Task requirements: Below are some records; quote exactly the lines from the one that contains "parse_uint-scan : (s" through the one that contains "parse_uint-scan (codes (show", inclusive, and no others.

[Exercise material Boundary: Start]

-- ===== src/Store/Events/Laws.antt =====
-- What is kept of the events, and what a query returns.
use cluster_recorder.Prelude.{
  ℕ, ◌≤◌, ◌≡◌, ◌≢◌, ◌↔◌, refl, String, true, false, not, List, [], ◌∷◌, ◌++◌, some, arith, eq_iff,
  str_eq, select, take, All, length, if◌then◌else◌, map, All-imp, All-map, All-of_map, All-take,
  select-All, length-map, length-take-le, ltb, take_of_length-le,
}
use cluster_recorder.Prelude.Order.{text_order, nat_order}
use cluster_recorder.Prelude.Sorting.{find_by, Distinct, sort_by, All-sort_by}
use cluster_recorder.Prelude.Ordering.{
  Distinct-select, Distinct-append, Ordered, sort_by-Ordered, All-of_sort_by, Ordered-take,
  length-sort_by,
}
use cluster_recorder.Store.Tables.{Event, Tables, ms, from_ms}
use cluster_recorder.Store.Tables.Times.{ms-from_ms}
use cluster_recorder.Store.Events.{EventQuery, insert_event, matches, select_events, of_row}

abbrev pub by_uid : Event → String
by_uid e = e.uid

-- No two rows have one uid: the primary key.
abbrev pub IsKeyed : List Event → Type 0
IsKeyed = Distinct by_uid

abbrev row_of : Event → Event
row_of e = record e { first = ms e.first; last = ms e.last }

find-insert :
    (u : String) (e r : Event) (es : List Event)
    → r.uid ≡ e.uid
    → find_by by_uid u (select (λ (s : Event). not (str_eq s.uid e.uid)) es ++ r ∷ [])
      ≡ (if str_eq e.uid u then some r else find_by by_uid u es)
unfolding find_by
find-insert u e r [] h = rw h
find-insert u e r (s ∷ es) h =
    ground (arith, find-insert u e r es h, eq_iff s.uid e.uid, eq_iff s.uid u, eq_iff e.uid u)

-- After an event is stored its uid finds it, with its times cut to milliseconds, and every other
-- uid finds what it found before: a later sighting of an event replaces the earlier one.
pub find_by-insert_event :
    (u : String) (e : Event) (t : Tables)
    → find_by by_uid u (insert_event e t).events
      ≡ (if str_eq e.uid u then some (row_of e) else find_by by_uid u t.events)
unfolding insert_event
find_by-insert_event u e t = find-insert u e (row_of e) t.events refl

All-fresh :
    (e : Event) (es : List Event)
    → All
        (λ (s : Event). str_eq s.uid e.uid ≡ false)
        (select (λ (s : Event). not (str_eq s.uid e.uid)) es)
All-fresh e [] = tt
All-fresh e (s ∷ es) = ground (arith, All-fresh e es)

-- The table never holds two rows for one uid.
pub insert_event-IsKeyed :
    (e : Event) (t : Tables) → IsKeyed t.events → IsKeyed (insert_event e t).events
unfolding insert_event
insert_event-IsKeyed e t d =
    Distinct-append by_uid (select (λ (s : Event). not (str_eq s.uid e.uid)) t.events) (row_of e)
      (Distinct-select by_uid (λ (s : Event). not (str_eq s.uid e.uid)) t.events d)
      (All-fresh e t.events)

-- What a caller asked for: the time range, to the millisecond, and, where they are given, the
-- namespace and the node.
pub record IsAsked (q : EventQuery) (e : Event) : Type 0 where
  pub after : ms q.from ≤ ms e.last
  pub before : ms e.last ≤ ms q.to
  pub in_namespace : q.namespace ≢ "" → e.namespace ≡ q.namespace
  pub on_node : q.node ≢ "" → e.node ≡ q.node

matches_iff : (q : EventQuery) (r : Event) → (matches q r ≡ true) ↔ IsAsked q (of_row r)
unfolding matches
matches_iff q r = ground (
  arith,
  ms-from_ms r.last,
  eq_iff q.namespace "",
  eq_iff r.namespace q.namespace,
  eq_iff q.node "",
  eq_iff r.node q.node,
)

by_last : Event → ℕ
by_last e = e.last

Ordered-of_row :
    (es : List Event)
    → Ordered (λ (e : Event). e.last) es
    → Ordered (λ (e : Event). e.last) (map of_row es)
unfolding from_ms
Ordered-of_row [] h = tt
Ordered-of_row (e ∷ es) h = (
  All-map (λ (x : Event). ltb x.last (from_ms e.last) ≡ false) of_row es
      (All-imp (λ (x : Event). ltb x.last e.last ≡ false)
        (λ (x : Event). ltb (from_ms x.last) (from_ms e.last) ≡ false) es (λ x le. ground arith)
        h.0),
  Ordered-of_row es h.1,
)

found : EventQuery → Tables → List Event
found q t = sort_by (λ (r : Event). r.last) (select (matches q) t.events)

found-IsAsked :
    (q : EventQuery) (t : Tables) → All (λ (r : Event). IsAsked q (of_row r)) (found q t)
unfolding found
found-IsAsked q t =
    All-sort_by (λ (r : Event). r.last) (λ (r : Event). IsAsked q (of_row r))
      (select (matches q) t.events)
      (All-imp (λ (r : Event). matches q r ≡ true) (λ (r : Event). IsAsked q (of_row r))
        (select (matches q) t.events) (λ r m. (matches_iff q r).0 m)
        (select-All (matches q) t.events))

-- A query returns only what was asked for, oldest first, and at most as many as the limit.
pub select_events_sound :
    (q : EventQuery) (t : Tables)
    → All (IsAsked q) (select_events q t)
      × Ordered (λ (e : Event). e.last) (select_events q t)
      × (length (select_events q t) ≤ q.limit)
unfolding select_events found
select_events_sound q t = (
  All-map (IsAsked q) of_row (take q.limit (found q t))
      (All-take (λ (r : Event). IsAsked q (of_row r)) q.limit (found q t) (found-IsAsked q t)),
  Ordered-of_row (take q.limit (found q t)) (
      Ordered-take (λ (r : Event). r.last) q.limit (found q t)
        (sort_by-Ordered (λ (r : Event). r.last) (select (matches q) t.events))),
  omega (arith, length-map of_row (take q.limit (found q t)), length-take-le q.limit (found q t)),
)

-- Where no more rows match than the limit allows, none of them is left out: what holds of all
-- that is returned holds of every row that matches.
pub select_events_complete :
    (P : Event → Type 0) (q : EventQuery) (t : Tables)
    → length (select (matches q) t.events) ≤ q.limit
    → All P (select_events q t)
    → All (λ (r : Event). P (of_row r)) (select (matches q) t.events)
unfolding select_events
select_events_complete P q t few all =
    let sorted = sort_by (λ (r : Event). r.last) (select (matches q) t.events) in
    let fits : length sorted ≤ q.limit =
      omega (arith, length-sort_by (λ (r : Event). r.last) (select (matches q) t.events), few) in
    All-of_sort_by (λ (r : Event). r.last) (λ (r : Event). P (of_row r))
      (select (matches q) t.events)
      (rw (take_of_length-le q.limit sorted fits) at
        (All-of_map P of_row (take q.limit sorted) all))
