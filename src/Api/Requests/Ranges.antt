-- ===== src/Api/Requests/Ranges.antt =====
-- The answer to a query for events, through the handler and the store.
use cluster_recorder.Prelude.Order.{nat_order}
use cluster_recorder.Prelude.Numerals.{codes, parse_int, value_of, pos_part}
use cluster_recorder.Sample.{Time}
use cluster_recorder.Store.Tables.{Tables}
use cluster_recorder.Store.Events.{EventQuery, events as events_of}
use cluster_recorder.Api.Requests.{Query, events}

-- The query that the handler makes.
abbrev pub asked : Query → Time → Time → EventQuery
asked q from to = record {
  namespace = q.namespace;
  node = q.node;
  from = from;
  to = to;
  limit = pos_part (value_of (parse_int (codes q.limit)));
}
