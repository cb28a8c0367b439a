-- ===== src/Prelude/Show/Reading.antt =====
-- A number that was printed is read back.
use Prim.Native.Nat.{ℕ, zero, suc, ◌+◌, ◌/◌, ◌%◌, ◌≤◌, ◌<◌}
use Prim.Native.Char.{code}
use Prim.Native.String.{String, ◌++◌ as ◌<>◌}
use mathlib.Core.Path.{◌≡◌, refl, ap, ◌∙◌, sym}
use mathlib.Core.Logic.{inl, inr, ◌≢◌}
use mathlib.Core.Bool.{true}
use mathlib.Core.List.{List, [], ◌∷◌, ◌++◌, append_assoc, append-nil}
use native.Mathlib.Omega.{arith}
use text.Mathlib.TextLemmas.{nil-append, cons-append}
use cluster_recorder.Prelude.Tests.{ltb, if◌then◌else◌, Bool-cases}
use cluster_recorder.Prelude.Lists.{All, All-append}
use cluster_recorder.Prelude.Show.{show, show_from, digits, digit_at}
use cluster_recorder.Prelude.Numerals.{
  pos, codes, is_digit, max_u64, max_i64, number, scan_uint, parse_uint, parse_int,
}

pub codes-append : (s t : String) → codes (s <> t) ≡ codes s ++ codes t
codes-append String.[] t = ap codes (nil-append t)
codes-append (String.◌∷◌ c s) t =
    ap codes (cons-append c s t) ∙ ap (λ cs. code c ∷ cs) (codes-append s t)

codes-digit_at : (n : ℕ) → n < 10 → codes (digit_at digits n) ≡ (b'0' + n) ∷ []
unfolding digit_at
codes-digit_at zero h = refl
codes-digit_at (suc zero) h = refl
codes-digit_at (suc (suc zero)) h = refl
codes-digit_at (suc (suc (suc zero))) h = refl
codes-digit_at (suc (suc (suc (suc zero)))) h = refl
codes-digit_at (suc (suc (suc (suc (suc zero))))) h = refl
codes-digit_at (suc (suc (suc (suc (suc (suc zero)))))) h = refl
codes-digit_at (suc (suc (suc (suc (suc (suc (suc zero))))))) h = refl
codes-digit_at (suc (suc (suc (suc (suc (suc (suc (suc zero)))))))) h = refl
codes-digit_at (suc (suc (suc (suc (suc (suc (suc (suc (suc zero))))))))) h = refl
codes-digit_at (suc (suc (suc (suc (suc (suc (suc (suc (suc (suc n)))))))))) h =
    absurd (omega arith)

scan_last :
    (n : ℕ) (s : List ℕ) → n ≤ max_u64 → scan_uint ((b'0' + n % 10) ∷ s) (n / 10) ≡ scan_uint s n
unfolding scan_uint
scan_last n s h = ground arith

-- Reading what was printed, and then what follows.
scan-show_from :
    (fuel n : ℕ) (s : List ℕ)
    → n < fuel
    → n ≤ max_u64
    → scan_uint (codes (show_from fuel n) ++ s) 0 ≡ scan_uint s n
unfolding show_from
scan-show_from zero n s h fits = absurd (omega arith)
scan-show_from (suc fuel) n s h fits = elim (Bool-cases (ltb n 10)) [
  | inl small ↦
      let e : codes ("" <> digit_at digits (n % 10)) ≡ (b'0' + n % 10) ∷ [] =
        codes-append "" (digit_at digits (n % 10)) ∙ codes-digit_at (n % 10) (omega arith) in
      let z : n / 10 ≡ 0 = ground arith in
      rw small (rw e (ap (scan_uint ((b'0' + n % 10) ∷ s)) (sym z) ∙ scan_last n s fits))
  | inr large ↦
      let rest = show_from fuel (n / 10) in
      let e : codes (rest <> digit_at digits (n % 10)) ≡ codes rest ++ (b'0' + n % 10) ∷ [] =
        codes-append rest (digit_at digits (n % 10))
        ∙ ap (λ cs. codes rest ++ cs) (codes-digit_at (n % 10) (omega arith)) in
      rw large (
        rw e (
          ap (λ cs. scan_uint cs 0) (append_assoc (codes rest) ((b'0' + n % 10) ∷ []) s)
          ∙ scan-show_from fuel (n / 10) ((b'0' + n % 10) ∷ s) (ground arith) (omega arith)
          ∙ scan_last n s fits))
]

-- The digits of a number.
show_from-All : (fuel n : ℕ) → All (λ c. is_digit c ≡ true) (codes (show_from fuel n))
unfolding show_from
show_from-All zero n = tt
show_from-All (suc fuel) n =
    let rest = show_from fuel (n / 10) in
    let d = digit_at digits (n % 10) in
    let last : All (λ c. is_digit c ≡ true) (codes d) =
      rw (codes-digit_at (n % 10) (omega arith)) (ground arith, tt) in
    elim (Bool-cases (ltb n 10)) [
      | inl small ↦ rw (small) (rw (codes-append "" d) last)
      | inr large ↦ rw (large) (
          rw (codes-append rest d) (
            All-append (λ c. is_digit c ≡ true) (codes rest) (codes d) (show_from-All fuel (n / 10))
              last))
    ]

append_last-ne-nil : (xs : List ℕ) (d : ℕ) → (xs ++ d ∷ []) ≢ []
append_last-ne-nil [] d e = cc
append_last-ne-nil (x ∷ xs) d e = cc

pub codes-show-ne-nil : (n : ℕ) → codes (show n) ≢ []
unfolding show show_from
codes-show-ne-nil n e =
    let before = if ltb n 10 then "" else show_from n (n / 10) in
    append_last-ne-nil (codes before) (b'0' + n % 10) (
      sym (ap (λ cs. codes before ++ cs) (codes-digit_at (n % 10) (omega arith)))
      ∙ sym (codes-append before (digit_at digits (n % 10)))
      ∙ e)

parse_uint-scan : (s : List ℕ) → s ≢ [] → parse_uint s ≡ scan_uint s 0
unfolding parse_uint
parse_uint-scan [] h = absurd (h refl)
parse_uint-scan (c ∷ s) h = refl

pub parse_uint-show : (n : ℕ) → n ≤ max_u64 → parse_uint (codes (show n)) ≡ number n
unfolding show
parse_uint-show n fits =
    parse_uint-scan (codes (show n)) (codes-show-ne-nil n)
    ∙ ap (λ cs. scan_uint cs 0) (sym (append-nil (codes (show n))))
    ∙ scan-show_from (suc n) n [] (omega arith) fits
    ∙ unfold scan_uint in refl

-- Without a sign `ParseInt` reads as `ParseUint` does.
parse_int_unsigned :
    (s : List ℕ) (n : ℕ)
    → All (λ c. is_digit c ≡ true) s
    → parse_uint s ≡ number n
    → n ≤ max_i64
    → parse_int s ≡ number (pos n)
unfolding parse_int
parse_int_unsigned [] n d e fits = ground arith
parse_int_unsigned (c ∷ s) n d e fits = ground arith

-- Every int64 that is not negative is read back from its decimal print.
pub parse_int-show : (n : ℕ) → n ≤ max_i64 → parse_int (codes (show n)) ≡ number (pos n)
unfolding show
parse_int-show n fits =
    parse_int_unsigned (codes (show n)) n (show_from-All (suc n) n)
      (parse_uint-show n (omega arith)) fits

pub show-All : (n : ℕ) → All (λ c. is_digit c ≡ true) (codes (show n))
unfolding show
show-All n = show_from-All (suc n) n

[Exercise material Boundary: End]

Written solution:
parse_uint-scan : (s : List ℕ) → s ≢ [] → parse_uint s ≡ scan_uint s 0
unfolding parse_uint
parse_uint-scan [] h = absurd (h refl)
parse_uint-scan (c ∷ s) h = refl

pub parse_uint-show : (n : ℕ) → n ≤ max_u64 → parse_uint (codes (show n)) ≡ number n
unfolding show
parse_uint-show n fits =
    parse_uint-scan (codes (show n)) (codes-show-ne-nil n)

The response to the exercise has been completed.